> [Try it]
Transcribe each line of the material with no alterations.

> [Data for processing]
-- ===== src/Auth/Examples.antt =====
-- The theorems on rbac.ts, each at one principal.
use mathlib.Core.List.{Memᴰ}
use arc_db.Base.{true, ◌≡◌, ◌↔◌, some, [], ◌∷◌, ok, refl, arith}
use arc_db.Auth.{
  permission_name, effect_commit, run_write, member, admin, Principal, Scope, authorize,
  permissions_for_role,
}
use arc_db.Auth.Laws.{IsWithin, authorize_iff, grants, permissions_for_role-rank}

abbrev sample_principal : Principal
sample_principal = record {
  tenant_id = "t1";
  project_id = some "p1";
  permissions = "effect:commit" ∷ [];
}

abbrev sample_scope : Scope
sample_scope = record { tenant_id = "t1"; project_id = some "p1" }

authorize_iff_example : (authorize sample_principal effect_commit (some sample_scope) ≡ ok tt) ↔ (
    (sample_principal.tenant_id ≡ sample_scope.tenant_id)
    × IsWithin (some "p1") (some "p1")
    × Memᴰ (permission_name effect_commit) sample_principal.permissions)
authorize_iff_example = authorize_iff sample_principal effect_commit (some sample_scope)

member_writes : grants member run_write ≡ true
unfolding permissions_for_role
member_writes = refl

permissions_for_role-rank_example : grants admin run_write ≡ true
permissions_for_role-rank_example =
    permissions_for_role-rank member admin run_write (omega arith) member_writes
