-- ===== src/Base/Sort.antt =====
-- `[...xs].sort(compare)`: a stable sort, by insertion. The language promises of it that it is a
-- permutation in order; its algorithm is left to the engine.
use mathlib.Core.Path.{◌≡◌, refl, sym, ◌∙◌}
use mathlib.Core.Bool.{Bool, true, false}
use mathlib.Core.Logic.{◌⊎◌}
use mathlib.Core.List.{List, [], ◌∷◌}
use mathlib.Core.List.{Permᴰ}
use native.Mathlib.Omega.{arith}
use arc_db.Base.Tests.{if◌then◌else◌}

module _ {ℓ} {A : Type ℓ} (le : A → A → Bool) where
  unfoldable pub insert : A → List A → List A
  insert a [] = a ∷ []
  insert a (x ∷ xs) = let rest = insert a xs in if le a x then a ∷ x ∷ xs else x ∷ rest

  unfoldable pub sort : List A → List A
  unfolding insert
  sort [] = []
  sort (x ∷ xs) = insert x (sort xs)

-- A total order by a Boolean test.
pub record IsTotalOrder {ℓ} {A : Type ℓ} (le : A → A → Bool) : Type ℓ where
  pub total : (a b : A) → (le a b ≡ true) ⊎ (le b a ≡ true)
  pub antisym : (a b : A) → le a b ≡ true → le b a ≡ true → a ≡ b
  pub trans : (a b c : A) → le a b ≡ true → le b c ≡ true → le a c ≡ true

module _ {ℓ} {A : Type ℓ} (le : A → A → Bool) (order : IsTotalOrder le) where
  open order use {total, antisym, trans}

  ge_of_not-le : (a b : A) → le a b ≡ false → le b a ≡ true
  ge_of_not-le a b h = ground (arith, total a b)

  insert_comm : (a b : A) (l : List A) → insert le a (insert le b l) ≡ insert le b (insert le a l)
  unfolding insert
  insert_comm a b [] = ground (arith, antisym a b, ge_of_not-le a b, ge_of_not-le b a)
  insert_comm a b (x ∷ l) = ground (
    arith,
    insert_comm a b l,
    antisym a b,
    ge_of_not-le a b,
    ge_of_not-le a x,
    ge_of_not-le b x,
    trans a b x,
    trans b a x,
  )

  -- What a sort returns depends on the items alone, not on the order in which they came.
  pub sort_of_perm : {xs ys : List A} → Permᴰ xs ys → sort le xs ≡ sort le ys
  unfolding sort
  sort_of_perm Permᴰ.nil = refl
  sort_of_perm (Permᴰ.cons e p) = rw (e, sort_of_perm p)
  sort_of_perm (Permᴰ.swap {a} {b} {l} e f) = rw (sym e, sym f) (insert_comm a b (sort le l))
  sort_of_perm (Permᴰ.trans p q) = sort_of_perm p ∙ sort_of_perm q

> [Exercise result]
-- ===== src/Auth/Examples.antt =====
-- The theorems on rbac.ts, each at one principal.
use mathlib.Core.List.{Memᴰ}
use arc_db.Base.{true, ◌≡◌, ◌↔◌, some, [], ◌∷◌, ok, refl, arith}
use arc_db.Auth.{
  permission_name, effect_commit, run_write, member, admin, Principal, Scope, authorize,
  permissions_for_role,
}
use arc_db.Auth.Laws.{IsWithin, authorize_iff, grants, permissions_for_role-rank}

abbrev sample_principal : Principal
sample_principal = record {
  tenant_id = "t1";
  project_id = some "p1";
  permissions = "effect:commit" ∷ [];
}

abbrev sample_scope : Scope
sample_scope = record { tenant_id = "t1"; project_id = some "p1" }

authorize_iff_example : (authorize sample_principal effect_commit (some sample_scope) ≡ ok tt) ↔ (
    (sample_principal.tenant_id ≡ sample_scope.tenant_id)
    × IsWithin (some "p1") (some "p1")
    × Memᴰ (permission_name effect_commit) sample_principal.permissions)
authorize_iff_example = authorize_iff sample_principal effect_commit (some sample_scope)

member_writes : grants member run_write ≡ true
unfolding permissions_for_role
member_writes = refl

permissions_for_role-rank_example : grants admin run_write ≡ true
permissions_for_role-rank_example =
    permissions_for_role-rank member admin run_write (omega arith) member_writes
-- ===== src/Base/Sort.antt =====
-- `[...xs].sort(compare)`: a stable sort, by insertion. The language promises of it that it is a
-- permutation in order; its algorithm is left to the engine.
use mathlib.Core.Path.{◌≡◌, refl, sym, ◌∙◌}
use mathlib.Core.Bool.{Bool, true, false}
use mathlib.Core.Logic.{◌⊎◌}
use mathlib.Core.List.{List, [], ◌∷◌}
use mathlib.Core.List.{Permᴰ}
use native.Mathlib.Omega.{arith}
use arc_db.Base.Tests.{if◌then◌else◌}

module _ {ℓ} {A : Type ℓ} (le : A → A → Bool) where
  unfoldable pub insert : A → List A → List A
  insert a [] = a ∷ []
  insert a (x ∷ xs) = let rest = insert a xs in if le a x then a ∷ x ∷ xs else x ∷ rest

  unfoldable pub sort : List A → List A
  unfolding insert
  sort [] = []
  sort (x ∷ xs) = insert x (sort xs)

-- A total order by a Boolean test.
pub record IsTotalOrder {ℓ} {A : Type ℓ} (le : A → A → Bool) : Type ℓ where
  pub total : (a b : A) → (le a b ≡ true) ⊎ (le b a ≡ true)
  pub antisym : (a b : A) → le a b ≡ true → le b a ≡ true → a ≡ b
  pub trans : (a b c : A) → le a b ≡ true → le b c ≡ true → le a c ≡ true

module _ {ℓ} {A : Type ℓ} (le : A → A → Bool) (order : IsTotalOrder le) where
  open order use {total, antisym, trans}

  ge_of_not-le : (a b : A) → le a b ≡ false → le b a ≡ true
  ge_of_not-le a b h = ground (arith, total a b)

  insert_comm : (a b : A) (l : List A) → insert le a (insert le b l) ≡ insert le b (insert le a l)
  unfolding insert
  insert_comm a b [] = ground (arith, antisym a b, ge_of_not-le a b, ge_of_not-le b a)
  insert_comm a b (x ∷ l) = ground (
    arith,
    insert_comm a b l,
    antisym a b,
    ge_of_not-le a b,
    ge_of_not-le a x,
    ge_of_not-le b x,
    trans a b x,
    trans b a x,
  )

  -- What a sort returns depends on the items alone, not on the order in which they came.
  pub sort_of_perm : {xs ys : List A} → Permᴰ xs ys → sort le xs ≡ sort le ys
  unfolding sort
  sort_of_perm Permᴰ.nil = refl
  sort_of_perm (Permᴰ.cons e p) = rw (e, sort_of_perm p)
  sort_of_perm (Permᴰ.swap {a} {b} {l} e f) = rw (sym e, sym f) (insert_comm a b (sort le l))
  sort_of_perm (Permᴰ.trans p q) = sort_of_perm p ∙ sort_of_perm q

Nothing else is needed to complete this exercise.